В свободное от процедур и занятий время удавалось ускользнуть из детдома. Делать этого не полагалось, но ребята постарше, стараясь не попадаться на глаза дежурному воспитателю, всё же бегали в город. Надо только вовремя явиться к обеду, ужину и вообще к очередной проверке.
В этом весёлом городе было такое, о чём раньше Колька и не слыхивал. Например, лодочная станция. Приходи на причал и бери лодку. Выбирай какую хочешь — красную, синюю, жёлтую. Надо только заплатить за билетик и отдать кассирше в окошке этот билетик да ещё паспорт либо какой-нибудь другой документ. Взрослые давали свои документы, а ребята-подростки притаскивали паспорт отца или матери. Но Колькина мать уже три года как умерла, а отец сидел в тюрьме с тех пор, как обнаружилось, что он обманывал сплавских рабочих. У отца у самого теперь небось не было паспорта. Поэтому Колька никогда не брал лодок. А вот в тире, в тире ничего этого не было нужно. Никакого паспорта.

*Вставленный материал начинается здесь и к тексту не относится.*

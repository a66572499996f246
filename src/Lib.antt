-- ===== src/Lib.antt =====
-- The odds collector of the repository, and its bets. Two collectors read the odds of the bookmakers
-- 8xbet and Jun88 from a browser, keep the differences of their snapshots, and stream them to the
-- backend; over the same stream the backend asks for simulated bets and for live ones.
--
-- The parts, and the code that each one is about:
--   Contracts      the data types of collector/shared/src/contracts.ts, with its properties in
--                  snake case; an optional property is an Option, a union of objects a data type.
--   Deltas         selectionMap, buildDeltas and heartbeatOf of
--                  collector/shared/src/bookmakers/streaming-utils.ts: what a poll sends.
--   Sink           BackendCollectorStreamSink of
--                  collector/shared/src/backend/backend-collector-stream-sink.ts. Cache is what the
--                  sink remembers of the odds (replaceLatestSnapshot, applyLatestDeltas); Stream are
--                  the numbered frames of a bootstrap (sendFrame, nextSeq, sendBootstrapSnapshot),
--                  and Payloads the fields of the others; Connection is the state of the sink with
--                  ensureConnected, startConnection and the answer to hello; Markets is
--                  fixtureMarketSnapshotFromSelections, FixtureFrames sendFixtureMarketSnapshot and
--                  fixtureMarketFingerprint; Push are pushBootstrap, pushDelta, heartbeat,
--                  observeFixtureMarketBatches, pushAccountBalance, handleQuoteConfirmation,
--                  replayLatestBootstrapIfNeeded and the frames that ask for a resync, with
--                  Push.Bets, the responses that sendLiveResponse and sendSimulatedResponse send on
--                  the same connection;
--                  Requests and Commands are the parsers of the backend's frames; Simulated are
--                  handleSimulatedSelectOdds and handleSimulatedPlaceBet; Live are handleLivePrepare,
--                  handleLiveCommit, handleLiveCancel and handleLiveReconcile.
--   SimulatedBets  createSimulatedPlaceBetHandler of collector/shared/src/actions.ts: the bookmaker
--                  that Sink.Simulated calls.
--   LiveBets       ProcessLiveBetJournal of collector/shared/src/live-actions.ts, and the classes of
--                  collector/shared/src/bookmakers/jun88-cmd-live-actions.ts (LiveBets.Jun88) and
--                  eightxbet-live-actions.ts (LiveBets.EightXBet): the bookmakers that Sink.Live
--                  calls. LiveBets.Actions is what the two classes write alike.
--   Dashboard      the dashboard's logic. Fixtures is frontend/lib/fixture-identity.ts: Names are the
--                  canonical names of teams, Distance is levenshteinDistance with wordsMatch, Tokens
--                  is the matching of words (participantTokenMatches, matchParticipantToken),
--                  Identity is createFixtureIdentity with fixtureIdentitySimilarity, and Index is
--                  indexFixtureIdentities with uniqueClusterKey. Visible is
--                  frontend/lib/minimum-visible-items.ts, and Profiles is
--                  frontend/lib/opportunity-visibility.ts; Notifications and BrowserNotifications are
--                  the stores frontend/store/realtime-notification-store.ts and
--                  browser-notification-store.ts.
--   Base, JsMap, Number, Doubles, Clock and Unicode are JavaScript's part: texts, errors, Map in
--   insertion order, numbers and time. JsMap.Bounded are the maps of at most 10,000 entries.
--
-- How the code is modelled:
--   * A method takes the object's state and gives an outcome and the new state; an outcome is a
--     value or the message of an error, and a state changed before an error stays changed. The
--     methods of the live classes run one after the other, as SerialLiveBetActions makes them; the
--     handlers of the sink run to their response, and what is awaited in between is one step.
--   * A number is a multiple of one millionth, or NaN or an infinity. Odds, stakes and times have
--     fewer decimals. Where a result turns on the rounding of doubles, the tolerance on odds and the
--     default changed odds, the file Doubles.antt computes in doubles; elsewhere the arithmetic is
--     exact, as it is on whole numbers below 2 ^ 53.
--   * What the browser's page answers is a parameter, call by call: a value or an error. So are
--     SHA-256, upper case, Date.parse, the clock and the match of the 8xbet provider reference.
--     A fingerprint that the code writes as JSON is the record of the fields that it writes.
--   * A field of a frame is what JSON.parse gives: missing, a text, a number, or something else.
--   * What JavaScript does with Unicode (normalize, the classes of letters and marks, localeCompare)
--     is the parameter Unicode of the file Unicode.antt. A similarity of fixtures is an exact quotient.
--   * A method of a store that waits for the browser's user is two steps, up to the wait and after it;
--     anything may happen in between.
--   * A connection of the sink is opened where an operation needs it, with the random session id and
--     the answer that the operation meets; the queue runs one operation after the other, and what the
--     sink hears comes between two operations. A command of a bet brings what the bookmaker answers to
--     it; the response goes out over the connection of that moment.
--   * Fuel: the slices of 200 quotes take as much fuel as there are quotes, and each slice uses one. A
--     search for a matching word has one more than the right words, of which each call sees a new
--     one; the search for a free number of a cluster key has one more than the keys in use. The count of
--     the bits of a number takes the number as fuel, and halves it each time.
--
-- Not modelled: the browser (Playwright, the pages' selectors and scripts); the WebSocket, whose
-- answer to a new connection is a value of the model; the reading of frames as JSON and the choice of
-- their handler; normalizeAsianLine and the start of an event, which are parameters of Sink; the
-- stream's URL and the environment; the parsers of the bookmakers' pages and network feed; the
-- dashboard's pages, the order and the stabilizer of its opportunities under frontend, and the Go
-- service under backend.
pub mod Base
pub mod JsMap
pub mod Number
pub mod Clock
pub mod Contracts
pub mod Deltas
pub mod Sink
pub mod LiveBets
pub mod SimulatedBets
pub mod Dashboard
pub mod Unicode
pub mod Doubles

Однажды, проходя по бульвару, Колька увидел будку с надписью: «Тир». Вошёл под прохладные своды. Ступеньки вниз, будто в землянке. Прилавок, как в магазине. А на прилавке — ружья.
Народу было мало. Какой-то мальчишка в матросской рубашке, сопя, прижимал дрожащими руками ружьё, а бабушка, стоя возле него, клохтала:
— Да ты не тот глаз закрыл, Андрюшенька, ты не тот. Другой закрой, детка.
Андрюша закрывал оба глаза и дёргал курок.
В Кержачах были кое у кого охотничьи ружья. В свободные дни уходили охотники в лес побаловаться с ружьишком. Приносили иной раз толстую утку, а иной раз — махонькую, никчёмную птаху. Вот тебе и весь тир.
Эх, Кольке бы, а не этому толстому увальню ружьё и блестящие, пахнущие порохом и металлом патроны! Взять в руки прохладный приклад, прижать ружьё покрепче к плечу, почувствовать, как громко стучит в груди сердце и тонкие иголочки тревоги и ожидания расползаются по телу. Выбрать цель, не утку и не зайца, а вражеского солдата или даже самолёт, взять его на мушку, прицелиться, стиснув зубы, — и щёлк…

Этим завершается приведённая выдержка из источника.